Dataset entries
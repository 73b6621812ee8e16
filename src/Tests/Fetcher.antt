-- ===== src/Tests/Fetcher.antt =====
-- The layers of a manifest with two blobs.
use groot_btrfs.Base.{◌≡◌, refl, false, List, [], ◌∷◌, ◌++◌, ℕ, none, some, arith}
use groot_btrfs.Base.Int.{pos}
use groot_btrfs.Base.Str.{Str, codes, eqb, contains_str}
use groot_btrfs.Base.Effect.{ok, err, fatal, not_exist, succeeded}
use groot_btrfs.Groot.{LayerInfo}
use groot_btrfs.Fetcher.{
  LayerFetcher, BlobInfo, create_layer_infos, layer_info, second_part, base_directory_annotation,
}
use groot_btrfs.Fetcher.Laws.{
  HasHex, made, second_part-contains_str, Linked, create_layer_infos-Linked, create_layer_infos_iff,
}

abbrev fetcher : LayerFetcher ℕ ℕ
fetcher = record {
  manifest = λ url w. (err not_exist, w);
  blob = λ url info w. (err not_exist, w);
  new_blob_reader = λ path w. (ok 0, w);
  hex = λ digest. elim (second_part digest) [ none ↦ err fatal | some part ↦ ok part ];
  hex_sha256 = λ text. codes "h:" ++ text;
}

abbrev blob : Str → BlobInfo
blob digest = record {
  digest = digest;
  size = pos 10;
  annotations = (base_directory_annotation, codes "/home") ∷ [];
  urls = [];
  media_type = [];
}

abbrev blobs : List BlobInfo
blobs = blob (codes "b1") ∷ blob (codes "b2") ∷ []

abbrev diff_ids : List Str
diff_ids = codes "sha256:d1" ∷ codes "sha256:d2" ∷ []

abbrev infos : List LayerInfo
infos =
    made (blob (codes "b1")) (codes "d1") (codes "d1") []
    ∷ made (blob (codes "b2")) (codes "d2") (codes "h:d1 d2") (codes "d1")
    ∷ []

infos_run : create_layer_infos fetcher blobs diff_ids ≡ ok infos
unfolding create_layer_infos layer_info second_part
infos_run = refl

create_layer_infos-Linked_example : Linked fetcher [] blobs diff_ids infos
create_layer_infos-Linked_example = create_layer_infos-Linked fetcher blobs diff_ids infos infos_run

fetcher-HasHex : HasHex fetcher
fetcher-HasHex s = ground (arith, second_part-contains_str s)

-- Without a diff id the code panics.
empty_run : create_layer_infos fetcher (blob (codes "b1") ∷ []) ([] ∷ []) ≡ err fatal
unfolding create_layer_infos layer_info second_part
empty_run = refl

create_layer_infos_iff_example :
    succeeded (create_layer_infos fetcher blobs (codes "d1" ∷ [])) ≡ false
unfolding contains_str eqb
create_layer_infos_iff_example =
    create_layer_infos_iff fetcher fetcher-HasHex blobs (codes "d1" ∷ [])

_What the exercise asks_. From the line containing "unfolding contains_str eqb" down to the last line of the data above, copy every line exactly; leave out all other lines.

_Solution for this exercise_.
unfolding contains_str eqb
create_layer_infos_iff_example =
    create_layer_infos_iff fetcher fetcher-HasHex blobs (codes "d1" ∷ [])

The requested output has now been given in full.